# NEW AT TRAPPING



## znhunter (Apr 16, 2007)

J/W if anybody know and tips to trap muskrat and mink.Also im just wondering where to put the bait right in front of it and real close or on the the trap itself.What kinda bait do i use to trap yotes.THANKS


----------



## coyote_buster (Mar 11, 2007)

Question here too. I too a different sporting oods store and loved it. I found out that the guy buys old traps. I was thinking I could take the old traps my dad found and trade them for a new one. If I were going to buy a snap trap (leghold), what all would I have to do to get ***** and coyotes. I have trails located.


----------



## flatlander (Feb 28, 2006)

If you don't even know where to put the bait you have a lot of research to do and you probably shouldn't trap coyotes your first year. You should read every post on this forum that is remotely related to your question and then ask more specific questions if you still have them.
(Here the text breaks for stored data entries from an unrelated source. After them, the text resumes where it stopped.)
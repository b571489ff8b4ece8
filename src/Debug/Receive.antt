-- ===== src/Debug/Receive.antt =====
-- `connection::receive` of src/instance.cpp: all that a debug connection does with a message.
use thespian.Prelude.{ℕ, true, List, [], ◌∷◌, ◌++◌, if◌then◌else◌}
use thespian.Prelude.Int.{ℤ, pos, negsuc}
use Prim.Native.String.{String}
use thespian.Prelude.Text.{codes}
use thespian.Cbor.Result.{Bytes, Error}
use thespian.Cbor.Match.{
  Extracted, Patterns, extract_int, extract_uint, extract_string, extract_range, last, next,
}
use thespian.Cbor.Dispatch.{when, word}
use thespian.Actor.Messages.{text, what, null_value, exit_message}
use thespian.Debug.Taps.{tap_remove}
use thespian.Debug.Commands.{Command, dispatch_json, expected_object, ignored, take_call}
use thespian.Debug.Commands
use thespian.Debug.Lines
use thespian.Debug.Unwritten
use thespian.Debug.Session.{
  Session, World, Effect, writes, to_self, read_socket, close_socket, Ending, goes_on, says_bye,
  throws, exits, Activation, finish, live, dispatch_text,
}
use thespian.Debug.Reports.{on_call_reply, on_call_timeout, on_call_error, on_tap, on_message}
use thespian.Debug.Json.{reply_error, run_json}

-- The prompt follows a text command that goes on.
unfoldable pub prompted : Ending → Activation → Activation
prompted goes_on a =
    let b = finish a.session (writes a.session.prompt ∷ []) goes_on in
    record b { effects = a.effects ++ b.effects }
prompted _ a = a

unfoldable pub then_prompt : Activation → Activation
unfolding prompted
then_prompt a = prompted a.ending a

-- What `Commands.dispatch` finds is done.
unfoldable pub run_command : World → Command → Session → Activation
unfolding run_json then_prompt dispatch_text reply_error
run_command w (dispatch_json line) s = run_json w line s
run_command w expected_object s = reply_error w null_value (codes "expected a JSON object") s []
run_command w ignored s = finish s [] goes_on
run_command w (Command.dispatch_text line) s = then_prompt (dispatch_text w line s)

unfoldable pub dispatch : World → Bytes → Session → Activation
unfolding run_command
dispatch w buf s =
    let (mode, c) = Commands.dispatch s.json_mode buf in
    run_command w c (record s { json_mode = mode })

-- The branch of `dispatch`: `bye` waits for what is not written.
unfoldable pub on_bye : Ending → Activation → Activation
on_bye says_bye a = record a {
  session = record a.session {
    writer = record (a.session.writer) { close_on_write_complete = true };
  };
  ending = goes_on;
}
on_bye _ a = a

unfoldable pub on_dispatch : World → Bytes → Session → Activation
unfolding dispatch on_bye
on_dispatch w buf s = let a = dispatch w buf s in on_bye a.ending a

abbrev pub line_effect : Lines.Effect → Effect
line_effect (Lines.Effect.dispatch line) = to_self line
line_effect Lines.Effect.read_socket = read_socket
line_effect Lines.Effect.close_socket = close_socket

abbrev pub line_effects : List Lines.Effect → List Effect
line_effects [] = []
line_effects (e ∷ es) = line_effect e ∷ line_effects es

unfoldable pub on_read : Bytes → Session → Activation
on_read buf s =
    let (es, left) = Lines.read_complete buf s.prev_buf in
    finish (record s { prev_buf = left }) (line_effects es) goes_on

-- `static_cast<size_t>(written)`: a negative number is larger than all that is unwritten.
abbrev pub written_of : Session → ℤ → ℕ
written_of s (pos n) = n
written_of s (negsuc n) = s.writer.unwritten

unfoldable pub on_written : ℤ → Session → Activation
on_written n s =
    let (closes, v) = Unwritten.write_complete (written_of s n) s.writer in
    finish (record s { writer = v }) (if closes then close_socket ∷ [] else []) goes_on

abbrev details : Bytes → List Bytes
details [] = []
details (c ∷ cs) = text (c ∷ cs) ∷ []

-- `shutdown(reason, msg)`
unfoldable pub shutdown : World → Bytes → Bytes → Session → Activation
shutdown w reason msg s =
    let t = (tap_remove (live w) [] s.self s.taps).1 in
    finish (record s { taps = t }) [] (exits (exit_message reason (details msg)))

-- The last branches: the taps, and any other message.
unfoldable pub receive_other : World → Bytes → Bytes → Session → Activation
unfolding on_tap on_message
receive_other w sender m s =
    when (λ e. finish s [] (throws (what e))) m
      (next (word "debug_tap")
        (next extract_string (next extract_string (next extract_string (last extract_range)))))
      (λ xs. elim xs [
        | Extracted.text name ∷ Extracted.text dir ∷ Extracted.text peer ∷ Extracted.range r ∷ _ ↦
            on_tap w name dir peer r s
        | _ ↦ on_message w sender m s
      ])
      (on_message w sender m s)

-- The reports of the calls.
unfoldable pub receive_call : World → Bytes → Bytes → Session → Activation
unfolding on_call_reply on_call_timeout on_call_error receive_other
receive_call w sender m s =
    let raise = λ (e : Error). finish s [] (throws (what e)) in
    let other = receive_other w sender m s in
    when raise m
      (next (word "debug_call_reply")
        (next (extract_uint 64) (next extract_string (last extract_range))))
      (λ xs. elim xs [
        | Extracted.uint seq ∷ Extracted.text name ∷ Extracted.range r ∷ _ ↦
            on_call_reply w seq name r s
        | _ ↦ other
      ])
      (when raise m (next (word "debug_call_timeout") (last (extract_uint 64)))
        (λ xs. elim xs [ Extracted.uint seq ∷ _ ↦ on_call_timeout w seq s | _ ↦ other ])
        (when raise m (next (word "debug_call_error") (next (extract_uint 64) (last extract_range)))
          (λ xs. elim xs [
            | Extracted.uint seq ∷ Extracted.range r ∷ _ ↦ on_call_error w seq r s
            | _ ↦ other
          ])
          other))

abbrev of_socket : String → Patterns → Patterns
of_socket what ps = next (word "socket") (next (word "debug_connection") (next (word what) ps))

-- The reports of the socket.
unfoldable pub receive_socket : World → Bytes → Bytes → Session → Activation
unfolding on_written shutdown receive_call
receive_socket w sender m s =
    let raise = λ (e : Error). finish s [] (throws (what e)) in
    let other = receive_call w sender m s in
    let failed : Bytes → List Extracted → Activation =
      λ reason xs. elim xs [ _ ∷ Extracted.text msg ∷ _ ↦ shutdown w reason msg s | _ ↦ other ] in
    let details = next (extract_int 32) (last extract_string) in
    when raise m (of_socket "write_complete" (last (extract_int 32)))
      (λ xs. elim xs [ Extracted.int n ∷ _ ↦ on_written n s | _ ↦ other ])
      (when raise m (next (word "socket") (next (word "debug_connection") (last (word "closed"))))
        (λ _. shutdown w (codes "closed") [] s)
        (when raise m (of_socket "read_error" details) (failed (codes "read_error"))
          (when raise m (of_socket "write_error" details) (failed (codes "write_error")) other)))

-- The first tests of `receive`.
unfoldable pub receive : World → Bytes → Bytes → Session → Activation
unfolding on_dispatch on_read receive_socket
receive w sender m s =
    let raise = λ (e : Error). finish s [] (throws (what e)) in
    let other = receive_socket w sender m s in
    when raise m (next (word "dispatch") (last extract_string))
      (λ xs. elim xs [ Extracted.text buf ∷ _ ↦ on_dispatch w buf s | _ ↦ other ])
      (when raise m (of_socket "read_complete" (last extract_string))
        (λ xs. elim xs [ Extracted.text buf ∷ _ ↦ on_read buf s | _ ↦ other ]) other)
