-- ===== src/Debug/TextAnswers.antt =====
-- A text command of a debug connection answers no JSON command, and starts no call.
use thespian.Prelude.{
  ℕ, ◌≡◌, refl, ap, ◌∙◌, Bool, true, false, not, ◌&&◌, ◌||◌, List, [], ◌∷◌, ◌++◌, Option, none,
  some, if◌then◌else◌, bytes_eq, arith,
}
use thespian.Prelude.Text.{codes}
use thespian.Cbor.Result.{Bytes, Result, ok, err, out_of_fuel}
use thespian.Cbor.Json.Parse.{Outcome, push_json}
use thespian.Cbor.Json.Print.{to_json}
use thespian.Actor.Send.{Sent, sent, refused, raised}
use thespian.Debug.Registry.{get_name}
use thespian.Debug.Commands.{getword}
use thespian.Debug.Session.{
  Session, World, Effect, writes, Ending, goes_on, says_bye, Activation, finish, name_list,
  is_expired, tap, untap, tap_text, untap_text, send_text, to_actor, dispatch_text, dispatch_words,
  newline, unregister_expired, is_empty,
}
use thespian.Debug.Receive.{prompted, then_prompt}
use thespian.Debug.Answers.{
  answered_ids, answered_ids-append, started, started-append, lives, Gives, IsQuiet, finish-quiet,
  Leaves, dead, Keeps, Gives-Keeps, if-Leaves,
}

name_list-IsQuiet :
    (w : World) (first : Bool) (r : List (Bytes × ℕ)) → IsQuiet (name_list w first r)
unfolding name_list answered_ids started
name_list-IsQuiet w first [] = (refl, refl)
name_list-IsQuiet w first ((n, h) ∷ r) =
    let (p, q) = name_list-IsQuiet w false r in
    let (p', q') = name_list-IsQuiet w first r in (ground arith, ground arith)

append-IsQuiet : (es fs : List Effect) → IsQuiet es → IsQuiet fs → IsQuiet (es ++ fs)
append-IsQuiet es fs (p, q) (p', q') = (
  answered_ids-append es fs ∙ ap (λ l. l ++ answered_ids fs) p ∙ p',
  started-append es fs ∙ ap (λ l. l ++ started fs) q ∙ q',
)

send_text-Gives :
    (w : World) (a : ℕ) (buf : Bytes) (s : Session) → Leaves [] [] s (send_text w a buf s)
unfolding send_text finish answered_ids started
send_text-Gives w a buf s = parsed (push_json w.from_chars buf) refl
  where
    printed :
        (m r : Bytes) (p : Result Bytes)
        → to_json w.floats r ≡ p
        → w.answer a m ≡ refused r
        → (rest : Bytes) → push_json w.from_chars buf ≡ Outcome.pushes m rest
        → Leaves [] [] s (send_text w a buf s)
    printed m r (ok line) e f rest g =
        rw (g, send_text)
          (rw (f, send_text) (rw (e, send_text) (λ _. finish-quiet s _ goes_on (refl, refl))))
    printed m r (err x) e f rest g =
        rw (g, send_text)
          (rw (f, send_text) (rw (e, send_text) (λ _. finish-quiet s _ goes_on (refl, refl))))
    printed m r out_of_fuel e f rest g =
        rw (g, send_text) (rw (f, send_text) (rw (e, send_text) dead))

    answered :
        (m : Bytes) (r : Sent)
        → w.answer a m ≡ r
        → (rest : Bytes) → push_json w.from_chars buf ≡ Outcome.pushes m rest
        → Leaves [] [] s (send_text w a buf s)
    answered m sent f rest g =
        rw (g, send_text) (rw (f, send_text) (λ _. finish-quiet s _ goes_on (refl, refl)))
    answered m (raised e) f rest g =
        rw (g, send_text) (rw (f, send_text) (λ _. finish-quiet s _ goes_on (refl, refl)))
    answered m (refused r) f rest g = printed m r (to_json w.floats r) refl f rest g

    parsed : (o : Outcome) → push_json w.from_chars buf ≡ o → Leaves [] [] s (send_text w a buf s)
    parsed Outcome.invalid g = rw (g, send_text) (λ _. finish-quiet s _ goes_on (refl, refl))
    parsed Outcome.out_of_fuel g = rw (g, send_text) dead
    parsed (Outcome.pushes m rest) g = answered m (w.answer a m) refl rest g

to_actor-Gives :
    (w : World) (name rest : Bytes) (s : Session) → Leaves [] [] s (to_actor w name rest s)
unfolding to_actor finish answered_ids started
to_actor-Gives w name rest s =
    if-Leaves (is_expired w (get_name name s.registry)) _ _
      (λ _. finish-quiet s _ goes_on (refl, refl))
      (send_text-Gives w (get_name name s.registry) rest s)

tap_text-Gives : (e : Option Bytes) (s : Session) → Leaves [] [] s (tap_text e s)
unfolding answered_ids started
tap_text-Gives none s _ = finish-quiet s [] goes_on (refl, refl)
tap_text-Gives (some e) s _ = finish-quiet s _ goes_on (refl, refl)

untap_text-Gives :
    (name : Bytes) (found : Bool) (s : Session) → Leaves [] [] s (untap_text name found s)
unfolding answered_ids started
untap_text-Gives name true s _ = finish-quiet s [] goes_on (refl, refl)
untap_text-Gives name false s l = tap_text-Gives (some (name ++ codes " not tapped")) s l

pub tap-Keeps : (w : World) (name : Bytes) (s : Session) → Keeps s (tap w name s).1
unfolding tap
tap-Keeps w name s = ground arith

words-Gives :
    (w : World) (name rest : Bytes) (s : Session) → Leaves [] [] s (dispatch_words w name rest s)
unfolding dispatch_words
words-Gives w name rest s l =
    if-Leaves
      ((bytes_eq name (codes "tap") || bytes_eq name (codes "untap")) && not (is_empty rest))
      (if bytes_eq name (codes "tap")
        then tap_text (tap w rest s).0 (tap w rest s).1
        else untap_text rest (untap w rest s).0 (untap w rest s).1)
      (to_actor w name rest s)
      (if-Leaves (bytes_eq name (codes "tap")) (tap_text (tap w rest s).0 (tap w rest s).1)
        (untap_text rest (untap w rest s).0 (untap w rest s).1)
        (λ l. Gives-Keeps (tap-Keeps w rest s) (tap_text-Gives (tap w rest s).0 (tap w rest s).1 l))
        (λ l.
          Gives-Keeps (refl, omega arith)
            (untap_text-Gives rest (untap w rest s).0 (untap w rest s).1 l)))
      (to_actor-Gives w name rest s) l

dispatch_text-Gives :
    (w : World) (line : Bytes) (s : Session) → Leaves [] [] s (dispatch_text w line s)
unfolding dispatch_text finish answered_ids started
dispatch_text-Gives w [] s _ =
    Gives-Keeps (refl, omega arith)
      (finish-quiet (record s { registry = unregister_expired w s.registry.registry s.registry })
        (name_list w true s.registry.registry ++ (writes newline ∷ [])) goes_on
        (append-IsQuiet (name_list w true s.registry.registry) (writes newline ∷ [])
          (name_list-IsQuiet w true s.registry.registry) (refl, refl)))
dispatch_text-Gives w (c ∷ cs) s l =
    let (name, rest) = getword (c ∷ cs) in
    if-Leaves (bytes_eq (c ∷ cs) (codes "bye")) (finish s (writes (codes "bye\n") ∷ []) says_bye)
      (dispatch_words w name rest s)
      (λ _. finish-quiet s (writes (codes "bye\n") ∷ []) says_bye (refl, refl))
      (words-Gives w name rest s) l

prompted-Gives :
    (s : Session) (a : Activation) (e : Ending)
    → (lives e ≡ true → Gives [] [] s a)
    → Leaves [] [] s a
    → Leaves [] [] s (prompted e a)
unfolding prompted finish answered_ids started
prompted-Gives s a goes_on g h l =
    let r = g refl in
    let quiet =
      append-IsQuiet a.effects (writes a.session.prompt ∷ []) (r.answers, r.begins) (refl, refl) in
    record { answers = quiet.0; begins = quiet.1; pending = r.pending; number = r.number }
prompted-Gives s a _ g h l = h l

pub then_prompt-Gives :
    (w : World) (line : Bytes) (s : Session) → Leaves [] [] s (then_prompt (dispatch_text w line s))
unfolding then_prompt
then_prompt-Gives w line s =
    let a = dispatch_text w line s in
    let h = dispatch_text-Gives w line s in prompted-Gives s a a.ending h h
There are other websites like traps4kids that are good but traps4kids forum is not good. The forum is inexperienced trappers giving advice to other inexperienced trappers and I don't see how that is helpful.


----------



## TRAPPERSC (Jun 28, 2007)

Look into joining your states trapper association and visiting their meets. You can pick up all the supplies you'll need there as well as see demos.


----------